• **Exercise instructions**
In the records below, find the line that contains "(k : A → Action env B) (c" and the line that contains "after-either P (ok", then retype exactly those two lines and every line between them.

• **Exercise input**

-- ===== src/Chain/Process/Head.antt =====
-- How a call of the pipeline changes the head and the headers of the store.
use mathlib.Core.Path.{subst}
use vcash.Prelude.{
  is_ok, ℕ, suc, ◌≤◌, ◌<◌, ◌≡◌, refl, sym, ap, ◌∙◌, ◌⊎◌, inl, inr, Bool, true, false, not, List, [],
  ◌∷◌, Result, ok, err, bind-ok, ok-injective, ltb, ltb→lt, not_ltb→le, Bool-cases, Option, none,
  some,
}
use vcash.Consensus.Params.{ChainType}
use vcash.Chain.Types.{
  BlockHeader, Block, Tip, ChainError, Batch, Env, Context, get_previous_header, get_block,
  get_sums, head, from_header, save_block, head_header, or_not_found,
}
use vcash.Chain.Header.{check_known, prev_header_store, validate_header, validate_pow_only}
use vcash.Chain.Fork.{
  Action, then_try, after, header_head, mmr_head, commit_headers, commit, header_extending,
  extending, rewind_and_apply_header_fork, rewind_and_apply_fork, verify_and_apply, apply_blocks,
  fork_loop, blocks_loop, verify_block_sums, verify_block_token_sums, apply_block_to_txhashset,
}
use vcash.Chain.Process.{
  seen_header, extend_header, accept_header, process_block_header, not_orphan, validate_old_aux,
  validate_block, extend_block, set_tail, store_block, admit_block, process_checked, process_block,
}

-- The head, the tail and the headers are the same.
pub record IsSame (b : Batch) (b' : Batch) : Type 0 where
  pub head_tip : b'.head_tip ≡ b.head_tip
  pub headers : b'.headers ≡ b.headers

IsSame-refl : (b : Batch) → IsSame b b
IsSame-refl b = record { head_tip = refl; headers = refl }

IsSame-trans : (b c d : Batch) → IsSame b c → IsSame c d → IsSame b d
IsSame-trans b c d s t = record {
  head_tip = t.head_tip ∙ s.head_tip;
  headers = t.headers ∙ s.headers;
}

module _ (env : Env) where
  verify_and_apply-IsSame :
      (b : Block) (h : env.H) (s s' : Batch × env.T)
      → verify_and_apply env b h s ≡ ok s'
      → IsSame s.0 s'.0
  unfolding verify_and_apply
  verify_and_apply-IsSame b h (batch, t) s' e =
      let (u1, (e1, k1)) = bind-ok (env.verify_coinbase_maturity b batch h t) _ s' e in
      let (u2, (e2, k2)) = bind-ok (env.validate_utxo b batch h t) _ s' k1 in
      let (batch1, (e3, k3)) = bind-ok (verify_block_sums env b batch) _ s' k2 in
      let (batch2, (e4, k4)) = bind-ok (verify_block_token_sums env b batch1) _ s' k3 in
      let (t', (e5, k5)) = bind-ok (apply_block_to_txhashset env b batch2 t) _ s' k4 in
      let (x, (f1, g1)) = bind-ok (get_sums b.header.prev_hash batch.block_sums) _ batch1 e3 in
      let (y, (f2, g2)) = bind-ok (env.verify_kernel_sums x b) _ batch1 g1 in
      let (z, (f3, g3)) =
        bind-ok (get_sums b.header.prev_hash batch1.block_token_sums) _ batch2 e4 in
      let (w, (f4, g4)) = bind-ok (env.verify_token_kernel_sum z b) _ batch2 g3 in
      let same1 =
        subst (λ d. IsSame batch d) (ok-injective _ _ g2)
          (record { head_tip = refl; headers = refl }) in
      let same2 =
        subst (λ d. IsSame batch1 d) (ok-injective _ _ g4)
          (record { head_tip = refl; headers = refl }) in
      subst (λ (d : Batch × env.T). IsSame batch d.0) (ok-injective _ _ k5)
        (IsSame-trans batch batch1 batch2 same1 same2)

  apply_blocks-IsSame :
      (hashes : List ℕ) (h : env.H) (s s' : Batch × env.T)
      → apply_blocks env hashes h s ≡ ok s'
      → IsSame s.0 s'.0
  unfolding apply_blocks
  apply_blocks-IsSame [] h s s' e =
      subst (λ (d : Batch × env.T). IsSame s.0 d.0) (ok-injective _ _ e) (IsSame-refl s.0)
  apply_blocks-IsSame (hash ∷ hashes) h s s' e =
      let (fb, (e1, k1)) = bind-ok (get_block env hash s.0) _ s' e in
      let (s1, (e2, k2)) = bind-ok (verify_and_apply env fb h s) _ s' k1 in
      IsSame-trans s.0 s1.0 s'.0 (verify_and_apply-IsSame fb h s s1 e2)
        (apply_blocks-IsSame hashes h s1 s' k2)

  rewind_and_apply_fork-IsSame :
      (header : BlockHeader) (h : env.H) (s : Batch × env.T) (r : env.H × (Batch × env.T))
      → rewind_and_apply_fork env header h s ≡ ok r
      → IsSame s.0 r.1.0
  unfolding rewind_and_apply_fork
  rewind_and_apply_fork-IsSame header h (batch, t) r e =
      let (h', (e1, k1)) = bind-ok (rewind_and_apply_header_fork env header batch h) _ r e in
      let (current, (e2, k2)) = bind-ok (head_header env batch) _ r k1 in
      let (point, (e3, k3)) =
        bind-ok (fork_loop env (suc current.height) current [] batch h') _ r k2 in
      let (t', (e4, k4)) = bind-ok (env.rewind point.0 batch t) _ r k3 in
      let (hashes, (e5, k5)) =
        bind-ok (blocks_loop env (suc header.height) point.0.height header [] batch) _ r k4 in
      let (s, (e6, k6)) = bind-ok (apply_blocks env hashes h' (batch, t')) _ r k5 in
      subst (λ (d : env.H × (Batch × env.T)). IsSame batch d.1.0) (ok-injective _ _ k6)
        (apply_blocks-IsSame hashes h' (batch, t') s e6)

  -- What holds after an error, and after what follows a success, holds in any case.
  pub then_try-either {κ} :
      {A B : Type 0} (P : Result ChainError B × Context env → Type κ) (r : Result ChainError A)
      (k : A → Action env B) (c : Context env)
      → ((e : ChainError) → P (err e, c))
      → ((a : A) → r ≡ ok a → P (k a c))
      → P (then_try env r k c)
  then_try-either P (ok a) k c failed next = next a refl
  then_try-either P (err e) k c failed next = failed e

  pub after-either {κ} :
      {A B : Type 0} (P : Result ChainError B × Context env → Type κ)
      (x : Result ChainError A × Context env) (k : A → Action env B)
      → ((e : ChainError) → P (err e, x.1))
      → ((a : A) → P (k a x.1))
      → P (after env x k)
  after-either P (ok a, c) k failed next = next a
  after-either P (err e, c) k failed next = failed e

  pub header_extending-batch :
      (inner : env.H → Batch → Result ChainError (env.H × Bool)) (c : Context env)
      → (header_extending env inner c).1.batch ≡ c.batch
  unfolding header_extending
  header_extending-batch inner c =
      then_try-either (λ r. r.1.batch ≡ c.batch) (mmr_head env c) _ c (λ e. refl)
        (λ u e. committed (inner c.header_pmmr c.batch))
    where
      committed :
          (r : Result ChainError (env.H × Bool)) → (commit_headers env r c).1.batch ≡ c.batch
      committed (err e) = refl
      committed (ok (h, true)) = refl
      committed (ok (h, false)) = refl

  pub extending-IsSame :
      (inner : env.H → Batch × env.T → Result ChainError ((Batch × env.T) × Bool)) (c : Context env)
      → ((h : env.H) (s : Batch × env.T) (r : (Batch × env.T) × Bool)
          → inner h s ≡ ok r
          → IsSame s.0 r.0.0)
      → IsSame c.batch (extending env inner c).1.batch
  unfolding extending
  extending-IsSame inner c same =
      then_try-either (λ r. IsSame c.batch r.1.batch) (head env c.batch) _ c
        (λ e. IsSame-refl c.batch)
        (λ u e.
          then_try-either (λ r. IsSame c.batch r.1.batch) (header_head env c) _ c
            (λ e. IsSame-refl c.batch)
            (λ v f.
              committed (inner c.header_pmmr (c.batch, c.txhashset))
                (same c.header_pmmr (c.batch, c.txhashset))))
    where
      committed :
          (r : Result ChainError ((Batch × env.T) × Bool))
          → ((x : (Batch × env.T) × Bool) → r ≡ ok x → IsSame c.batch x.0.0)
          → IsSame c.batch (commit env r c).1.batch
      committed (err e) h = IsSame-refl c.batch
      committed (ok (s, true)) h = IsSame-refl c.batch
      committed (ok ((batch, t), false)) h = h ((batch, t), false) refl

module _ (chain : ChainType) (env : Env) where
  -- A header was validated on the same store and saved.
  pub record IsSaved (header : BlockHeader) (b : Batch) (b' : Batch) : Type 0 where
    pub headers : b'.headers ≡ header ∷ b.headers
    pub context : Context env
    pub same : context.batch.headers ≡ b.headers
    pub valid : validate_header chain env header context ≡ ok tt

  pub record IsHeaderStep (header : BlockHeader) (b : Batch) (b' : Batch) : Type 0 where
    pub head_tip : b'.head_tip ≡ b.head_tip
    pub headers : (b'.headers ≡ b.headers) ⊎ IsSaved header b b'

  still : (header : BlockHeader) (b b' : Batch) → b' ≡ b → IsHeaderStep header b b'
  still header b b' e = record {
    head_tip = ap (λ (x : Batch). x.head_tip) e;
    headers = inl (ap (λ (x : Batch). x.headers) e);
  }

  extended :
      (header : BlockHeader) (c : Context env) (x : Result ChainError (Unit {0}) × Context env)
      → x.1.batch ≡ c.batch
      → IsHeaderStep header c.batch (after env x (λ _. accept_header chain env header)).1.batch
  extended header c (err e, c1) same = still header c.batch c1.batch same
  extended header c (ok u, c1) same =
      then_try-either env (λ r. IsHeaderStep header c.batch r.1.batch)
        (validate_header chain env header c1) _ c1 (λ e. still header c.batch c1.batch same)
        (λ v valid. record {
          head_tip = ap (λ (x : Batch). x.head_tip) same;
          headers = inr (record {
            headers = ap (λ (x : Batch). header ∷ x.headers) same;
            context = c1;
            same = ap (λ (x : Batch). x.headers) same;
            valid = valid;
          });
        })

  pub process_block_header-IsHeaderStep :
      (header : BlockHeader) (c : Context env)
      → IsHeaderStep header c.batch (process_block_header chain env header c).1.batch
  unfolding process_block_header
  process_block_header-IsHeaderStep header c =
      then_try-either env P (get_previous_header env header c.batch) _ c
        (λ e. still header c.batch c.batch refl)
        (λ prev e. elim (Bool-cases (not (is_ok (check_known chain env header c)))) [
          | inl known ↦ rw known (still header c.batch c.batch refl)
          | inr new ↦ rw new (
              then_try-either env P (header_head env c) _ c (λ e. still header c.batch c.batch refl)
                (λ tip f. elim (Bool-cases (seen_header chain env header tip c.batch)) [
                  | inl seen ↦ rw seen (still header c.batch c.batch refl)
                  | inr unseen ↦ rw unseen (
                      extended header c
                        (header_extending env (extend_header chain env prev header tip) c)
                        (header_extending-batch env (extend_header chain env prev header tip) c))
                ]))
        ])
    where
      P : Result ChainError (Unit {0}) × Context env → Type 0
      P r = IsHeaderStep header c.batch r.1.batch

  pub extend_block-IsSame :
      (b : Block) (prev : BlockHeader) (h : env.H) (s : Batch × env.T) (r : (Batch × env.T) × Bool)
      → extend_block chain env b prev h s ≡ ok r
      → IsSame s.0 r.0.0
  extend_block-IsSame b prev h s r e =
      let (x, (e1, k1)) = bind-ok (rewind_and_apply_fork env prev h s) _ r e in
      let (y, (e2, k2)) = bind-ok (verify_and_apply env b x.0 x.1) _ r k1 in
      let (tip, (e3, k3)) = bind-ok (head env y.0) _ r k2 in
      subst (λ (d : (Batch × env.T) × Bool). IsSame s.0 d.0.0) (ok-injective _ _ k3)
        (IsSame-trans s.0 x.1.0 y.0 (rewind_and_apply_fork-IsSame env prev h s x e1)
          (verify_and_apply-IsSame env b x.0 x.1 y e2))

  -- What processing a block makes of the head, which stood at `old`: a new head is that of the block,
  -- and higher than the old; the old one stays if the block is not higher, and on every error.
  abbrev pub IsMove : Block → Tip → Batch → Result ChainError (Option Tip) × Context env → Type 0
  IsMove b old batch (ok (some tip), c) =
      (tip ≡ from_header env b.header) × ((c.batch.head_tip ≡ some tip) × (old.height < tip.height))
  IsMove b old batch (ok none, c) =
      (c.batch.head_tip ≡ batch.head_tip) × (b.header.height ≤ old.height)
  IsMove b old batch (err e, c) = c.batch.head_tip ≡ batch.head_tip

  set_tail-head :
      (tip : Tip) (batch : Batch) (o : Option Tip)
      → (set_tail chain env tip batch o).head_tip ≡ batch.head_tip
  set_tail-head tip batch none = refl
  set_tail-head tip batch (some t) = refl

  store_block-IsMove :
      (b : Block) (tip : Tip) (batch : Batch) (c : Context env)
      → c.batch.head_tip ≡ batch.head_tip
      → IsMove b tip batch (store_block chain env b tip c)
  store_block-IsMove b tip batch c same = elim (Bool-cases (ltb tip.height b.header.height)) [
    | inl higher ↦ rw higher (refl, (refl, ltb→lt tip.height b.header.height higher))
    | inr lower ↦ rw lower (
      set_tail-head (from_header env b.header) (save_block env b c.batch) c.batch.tail_tip ∙ same,
      not_ltb→le tip.height b.header.height lower,
    )
  ]

  process_checked-IsMove :
      (b : Block) (tip : Tip) (prev : BlockHeader) (c : Context env)
      → IsMove b tip c.batch (process_checked chain env b tip prev c)
  process_checked-IsMove b tip prev c =
      let x = process_block_header chain env b.header c in
      let same = (process_block_header-IsHeaderStep b.header c).head_tip in
      after-either env (IsMove b tip c.batch) x _ (λ e. same)
        (λ u.
          let c1 = x.1 in
          then_try-either env (IsMove b tip c.batch) (validate_block chain env b c1) _ c1
            (λ e. same)
            (λ v f.
              let y = extending env (extend_block chain env b prev) c1 in
              let kept =
                (extending-IsSame env (extend_block chain env b prev) c1
                  (extend_block-IsSame b prev)).head_tip
                ∙ same in
              after-either env (IsMove b tip c.batch) y _ (λ e. kept)
                (λ w. store_block-IsMove b tip c.batch y.1 kept)))

  admit_block-head :
      (b : Block) (c : Context env) (x : Tip × BlockHeader)
      → admit_block chain env b c ≡ ok x
      → head env c.batch ≡ ok x.0
  admit_block-head b c x e =
      let (u1, (e1, k1)) = bind-ok (check_known chain env b.header c) _ x e in
      let (u2, (e2, k2)) = bind-ok (validate_pow_only chain env b.header c) _ x k1 in
      let (t, (e3, k3)) = bind-ok (head env c.batch) _ x k2 in
      let (p, (e4, k4)) = bind-ok (prev_header_store chain env b.header c.batch) _ x k3 in
      let (u5, (e5, k5)) = bind-ok (not_orphan chain env b t p c.batch) _ x k4 in
      let (u6, (e6, k6)) = bind-ok (validate_old_aux chain env b c) _ x k5 in
      let same : t ≡ x.0 = ap (λ (y : Tip × BlockHeader). y.0) (ok-injective (t, p) x k6) in
      e3 ∙ ap ok same

  -- Processing a block moves the head only to that block, and only to a greater height; otherwise, and
  -- on every error, the head stays.
  pub process_block-IsMove :
      (b : Block) (old : Tip) (c : Context env)
      → c.batch.head_tip ≡ some old
      → IsMove b old c.batch (process_block chain env b c)
  unfolding process_block
  process_block-IsMove b old c at_old =
      then_try-either env (IsMove b old c.batch) (admit_block chain env b c) _ c (λ e. refl)
        (λ x e.
          let found : old ≡ x.0 =
            ok-injective old x.0 (sym (ap or_not_found at_old) ∙ admit_block-head b c x e) in
          subst (λ t. IsMove b t c.batch (process_checked chain env b x.0 x.1 c)) (sym found)
            (process_checked-IsMove b x.0 x.1 c))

• **Task response**
      (k : A → Action env B) (c : Context env)
      → ((e : ChainError) → P (err e, c))
      → ((a : A) → r ≡ ok a → P (k a c))
      → P (then_try env r k c)
  then_try-either P (ok a) k c failed next = next a refl
  then_try-either P (err e) k c failed next = failed e

  pub after-either {κ} :
      {A B : Type 0} (P : Result ChainError B × Context env → Type κ)
      (x : Result ChainError A × Context env) (k : A → Action env B)
      → ((e : ChainError) → P (err e, x.1))
      → ((a : A) → P (k a x.1))
      → P (after env x k)
  after-either P (ok a, c) k failed next = next a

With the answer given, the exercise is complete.